Tuesday 4 July 2017, 9.30AM to 17:00
Speaker(s): Keynote speaker: Dr Debbie Lisle (QUB)
The migration crisis has seen multiple apparent failures in the European project – of solidarity, response and co-operation. In this sense, the new politics of (in)security applies as much to the troubled internal dynamics of the Union as it does to the management of insecure and vulnerable migrants.
There is, however, political potential in the deployment of crisis language and the invocation of novel (in)securities. That is, the dynamic of disintegration and collapse that has accompanied the European response (from the re-assertion of sovereign borders to the rejection of EU initiatives by individual member states) has been productive of new authorities, interventions and relationships in the field of migration and security.

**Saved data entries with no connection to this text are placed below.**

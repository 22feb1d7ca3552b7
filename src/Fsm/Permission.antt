-- ===== src/Fsm/Permission.antt =====
-- What permission each command of pkg/fsm needs.
use mathlib.Core.Option
use mathlib.Core.Logic.{◌⊎◌}
use sybline.Base.{
  ◌≡◌, refl, inl, inr, String, Bool, true, false, ◌&&◌, Option, none, some, List, [], ◌∷◌, Bytes,
  arith, Option-cases,
}
use sybline.Rbac.Role.{
  AdminPermission, Action, allow_create_queue, allow_delete_queue, allow_create_user,
  allow_delete_user, allow_create_role, allow_assign_role, allow_unassign_role,
  allow_change_password, allow_add_routing_key, allow_delete_routing_key, get_messages_action,
  submit_message_action, submit_batch_action, ack_action, batch_ack_action,
}
use sybline.Rbac.Manager.{RoleManager, has_admin_permission, has_permission}
use sybline.Fsm.Command
use sybline.Fsm.Command.{Op, Messages, Decoder, op_of}
use sybline.Fsm.Apply
use sybline.Fsm.Apply.{
  Error, State, Env, Outcome, fail, decoded, refusal, guarded, first_refusal, dispatch,
  apply_single,
}

-- A right of the administrator, or an action on each of some names.
pub data Need : Type 0 where
  admin : AdminPermission → Need
  each : Action → List String → Need

abbrev pub is_granted : Option Bool → Bool
is_granted none = false
is_granted (some b) = b

unfoldable pub may_each : String → Action → List String → RoleManager → Bool
may_each user action [] r = true
may_each user action (n ∷ ns) r =
    is_granted (has_permission user n action r) && may_each user action ns r

unfoldable pub may : String → RoleManager → Option Need → Bool
may user r none = false
may user r (some (admin p)) = is_granted (has_admin_permission user p r)
may user r (some (each action ns)) = may_each user action ns r

abbrev pub keys_of : List Messages → List String
keys_of [] = []
keys_of (m ∷ ms) = m.rk ∷ keys_of ms

abbrev on : Action → String → Need
on action name = each action (name ∷ [])

module _ (d : Decoder) where
  -- The table of needs; `none` for what is no command.
  unfoldable pub need : Op → Bytes → Option Need
  need Command.create_queue b = Option.map (λ q. admin allow_create_queue) (d.queue_info b)
  need Command.delete_queue b = Option.map (λ q. admin allow_delete_queue) (d.name b)
  need Command.submit_message b = Option.map (λ m. on submit_message_action m.rk) (d.message_info b)
  need Command.add_routing_key b = Option.map (λ q. admin allow_add_routing_key) (d.route b)
  need Command.delete_routing_key b = Option.map (λ q. admin allow_delete_routing_key) (d.route b)
  need Command.get_messages b = Option.map (λ q. on get_messages_action q.queue_name) (d.request b)
  need Command.ack b = Option.map (λ u. on ack_action u.queue_name) (d.ack_update b)
  need Command.nack b = Option.map (λ u. on ack_action u.queue_name) (d.ack_update b)
  need Command.create_account b = Option.map (λ c. admin allow_create_user) (d.creds b)
  need Command.change_password b = Option.map (λ c. admin allow_change_password) (d.change b)
  need Command.remove_locks b = none
  need Command.submit_batch_message b =
      Option.map (λ ms. each submit_batch_action (keys_of ms)) (d.batch_messages b)
  need Command.delete_user b = Option.map (λ n. admin allow_delete_user) (d.name b)
  need Command.batch_ack b = Option.map (λ u. on batch_ack_action u.queue_name) (d.batch_update b)
  need Command.batch_nack b = Option.map (λ u. on batch_ack_action u.queue_name) (d.batch_update b)
  need Command.create_role b = Option.map (λ r. admin allow_create_role) (d.role b)
  need Command.assign_role b = Option.map (λ r. admin allow_assign_role) (d.role_username b)
  need Command.unassign_role b = Option.map (λ r. admin allow_unassign_role) (d.role_username b)
  need Command.unknown b = none

  -- The entry is a command that its user may perform.
  unfoldable pub authorized : Bytes → RoleManager → Bool
  authorized entry r = elim (d.payload entry) [
    | none ↦ false
    | some p ↦ may p.username r (need (op_of p.op) p.content)
  ]

-- The command fails and leaves the state alone.
abbrev pub Refused : Outcome → State → Type 0
Refused o s = (e : Error) × (o ≡ fail e s)

guarded-Refused :
    (permitted : Option Bool) (s : State) (act : Outcome)
    → is_granted permitted ≡ false
    → Refused (guarded permitted s act) s
unfolding guarded refusal
guarded-Refused none s act h = (_, refl)
guarded-Refused (some true) s act h = absurd (ground arith)
guarded-Refused (some false) s act h = (_, refl)

one_of : (b : Bool) → (b && true) ≡ false → b ≡ false
one_of b h = ground arith

-- One name.
entity-Refused :
    (user name : String) (action : Action) (s : State) (act : Outcome)
    → may user s.rbac (some (on action name)) ≡ false
    → Refused (guarded (has_permission user name action s.rbac) s act) s
unfolding may may_each
entity-Refused user name action s act h =
    guarded-Refused (has_permission user name action s.rbac) s act (one_of _ h)

admin-Refused :
    (user : String) (p : AdminPermission) (s : State) (act : Outcome)
    → may user s.rbac (some (admin p)) ≡ false
    → Refused (guarded (has_admin_permission user p s.rbac) s act) s
unfolding may
admin-Refused user p s act h = guarded-Refused (has_admin_permission user p s.rbac) s act h

decoded-Refused :
    {A : Type 0} (o : Option A) (f : A → Outcome) (want : A → Need) (user : String) (s : State)
    → ((a : A) → may user s.rbac (some (want a)) ≡ false → Refused (f a) s)
    → may user s.rbac (Option.map want o) ≡ false
    → Refused (decoded o s f) s
unfolding decoded
decoded-Refused none f want user s step h = (_, refl)
decoded-Refused (some a) f want user s step h = step a h

refusal-cases :
    (o : Option Bool)
    → ((e : Error) × (refusal o ≡ some e)) ⊎ ((refusal o ≡ none) × (is_granted o ≡ true))
unfolding refusal
refusal-cases none = inl (_, refl)
refusal-cases (some true) = inr (refl, refl)
refusal-cases (some false) = inl (_, refl)

-- The loop of a batch refuses if one of its keys is refused.
first_refusal-refused :
    (user : String) (ms : List Messages) (r : RoleManager)
    → may_each user submit_batch_action (keys_of ms) r ≡ false
    → (e : Error) × (first_refusal user ms r ≡ some e)
unfolding first_refusal may_each
first_refusal-refused user [] r h = absurd (ground arith)
first_refusal-refused user (m ∷ ms) r h =
    elim (refusal-cases (has_permission user m.rk submit_batch_action r)) [
      | inl (e, refused) ↦ (e, rw (first_refusal, refused) refl)
      | inr (go, granted) ↦
          let (e, held) = first_refusal-refused user ms r (rw (may_each, granted) at h) in
          (e, rw (first_refusal, go) held)
    ]

batch-Refused :
    (env : Env) (user : String) (s : State) (ms : List Messages)
    → may user s.rbac (some (each submit_batch_action (keys_of ms))) ≡ false
    → Refused (Apply.submit_batch_message env user ms s) s
unfolding may Apply.submit_batch_message
batch-Refused env user s ms h =
    let (e, held) = first_refusal-refused user ms s.rbac h in
    (e, rw (Apply.submit_batch_message, held) refl)

module _ (d : Decoder) (env : Env) where
  dispatch-Refused :
      (op : Op) (user : String) (b : Bytes) (s : State)
      → may user s.rbac (need d op b) ≡ false
      → Refused (dispatch d env op user b s) s
  unfolding dispatch need Apply.create_queue Apply.delete_queue Apply.submit_message Apply.ack
      Apply.add_routing_key Apply.delete_routing_key Apply.get_messages Apply.nack Apply.batch_ack
      Apply.batch_nack Apply.create_account Apply.change_password Apply.delete_user
      Apply.create_role Apply.assign_role Apply.unassign_role
  dispatch-Refused Command.create_queue user b s =
      decoded-Refused _ _ _ user s λ q. admin-Refused user allow_create_queue s _
  dispatch-Refused Command.delete_queue user b s =
      decoded-Refused _ _ _ user s λ q. admin-Refused user allow_delete_queue s _
  dispatch-Refused Command.submit_message user b s =
      decoded-Refused _ _ _ user s λ m. entity-Refused user m.rk submit_message_action s _
  dispatch-Refused Command.add_routing_key user b s =
      decoded-Refused _ _ _ user s λ q. admin-Refused user allow_add_routing_key s _
  dispatch-Refused Command.delete_routing_key user b s =
      decoded-Refused _ _ _ user s λ q. admin-Refused user allow_delete_routing_key s _
  dispatch-Refused Command.get_messages user b s =
      decoded-Refused _ _ _ user s λ q. entity-Refused user q.queue_name get_messages_action s _
  dispatch-Refused Command.ack user b s =
      decoded-Refused _ _ _ user s λ u. entity-Refused user u.queue_name ack_action s _
  dispatch-Refused Command.nack user b s =
      decoded-Refused _ _ _ user s λ u. entity-Refused user u.queue_name ack_action s _
  dispatch-Refused Command.create_account user b s =
      decoded-Refused _ _ _ user s λ c. admin-Refused user allow_create_user s _
  dispatch-Refused Command.change_password user b s =
      decoded-Refused _ _ _ user s λ c. admin-Refused user allow_change_password s _
  dispatch-Refused Command.remove_locks user b s = λ h. (_, refl)
  dispatch-Refused Command.submit_batch_message user b s =
      decoded-Refused _ _ _ user s λ ms. batch-Refused env user s ms
  dispatch-Refused Command.delete_user user b s =
      decoded-Refused _ _ _ user s λ n. admin-Refused user allow_delete_user s _
  dispatch-Refused Command.batch_ack user b s =
      decoded-Refused _ _ _ user s λ u. entity-Refused user u.queue_name batch_ack_action s _
  dispatch-Refused Command.batch_nack user b s =
      decoded-Refused _ _ _ user s λ u. entity-Refused user u.queue_name batch_ack_action s _
  dispatch-Refused Command.create_role user b s =
      decoded-Refused _ _ _ user s λ r. admin-Refused user allow_create_role s _
  dispatch-Refused Command.assign_role user b s =
      decoded-Refused _ _ _ user s λ r. admin-Refused user allow_assign_role s _
  dispatch-Refused Command.unassign_role user b s =
      decoded-Refused _ _ _ user s λ r. admin-Refused user allow_unassign_role s _
  dispatch-Refused Command.unknown user b s = λ h. (_, refl)

  -- An entry that is no command its user may perform, by the table `need`, gets an error and leaves
  -- queues, accounts and roles as they are.
  pub apply_single-unauthorized :
      (entry : Bytes) (s : State)
      → authorized d entry s.rbac ≡ false
      → (e : Error) × (apply_single d env entry s ≡ fail e s)
  unfolding apply_single authorized decoded
  apply_single-unauthorized entry s h = elim (Option-cases (d.payload entry)) [
    | inl n ↦ (Apply.decoding_failed, rw (apply_single, n) refl)
    | inr (p, e) ↦
        let (err, held) =
          dispatch-Refused (op_of p.op) p.username p.content s (rw (authorized, e) at h) in
        (err, rw (apply_single, e) held)
  ]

Key here is the devolution of bordering practices to non-EU partners (across Africa, Asia and beyond), the inexorable rise of private security authorities and expertise, and the wholesale turn to technologies to secure borders and manage migration.
Motivated by a concern to understand what the claim to novelty allows governing bodies to do in the name of security.
Programme:
09.30 – 10.00 Registration, refreshments and welcome
10.00 – 11.15 Migration, crisis and (in)hospitality
Murat Es, Assistant Professor, Department of Geography and Resource Management, Chinese University of Hong Kong
Security, mobility and geopolitics: bodies in motion between Turkey and Europe
Melora Koepke, Ph.D candidate in the Department of Geography, Simon Fraser University, Vancouver, B.C., Canada
Utopic insertions: Parisian transit camps as spaces of encounter and care/control
Nicoletta Policek, Associate Professor in Policing and Criminology, University of Cumbria
Stateless children in Italy: old habits and the new politics of (in)security
11.15 – 12.30 Governing crisis and the politics of response
Shoshana Fine, CERI Sciences Po
Liaisons, labeling and laws: IOM interventions in Turkey
Lucy Mayblin, University of Warwick
Governing the crisis from afar: The UK’s response to the crisis of refugee reception in Europe
Lauren Martin, Department of Geography, Durham University
Carceral Economies: cash, value, and commodification in asylum reception in the EU
12.30 – 13.15 Lunch
13.15 – 14.15 Keynote lecture
Debbie Lisle, Queen’s University, Belfast
Crisis in Slow motion: the stubborn habits of migration
14.15 – 15.30 Technology, borders and the new politics of governing mobility
Philippe Frowd, University of York
EU security intervention in Niger: governing transit migration and the smuggling economy
Martin Zamorano, Eticas Research and Consulting, Barcelona
Your body is your passport: data, migration and smart borders
Alex Hall, University of York
Security targeting at the smart border: Gestalt Theory and seeing with data
15.30 – 16.00 Tea and coffee
16.00 – 16.45 Catherine Woollard, European Council on Refugees and Exiles
16.45 – 17.00 Closing remarks
Please note that PhD students from White Rose universities may be eligible for travel bursaries. For more information email our project lead at alexandra.hall@york.ac.uk
Don’t forget to follow us on Twitter at @newpolitics2017 and on Facebook at facebook.com/newinsecurities!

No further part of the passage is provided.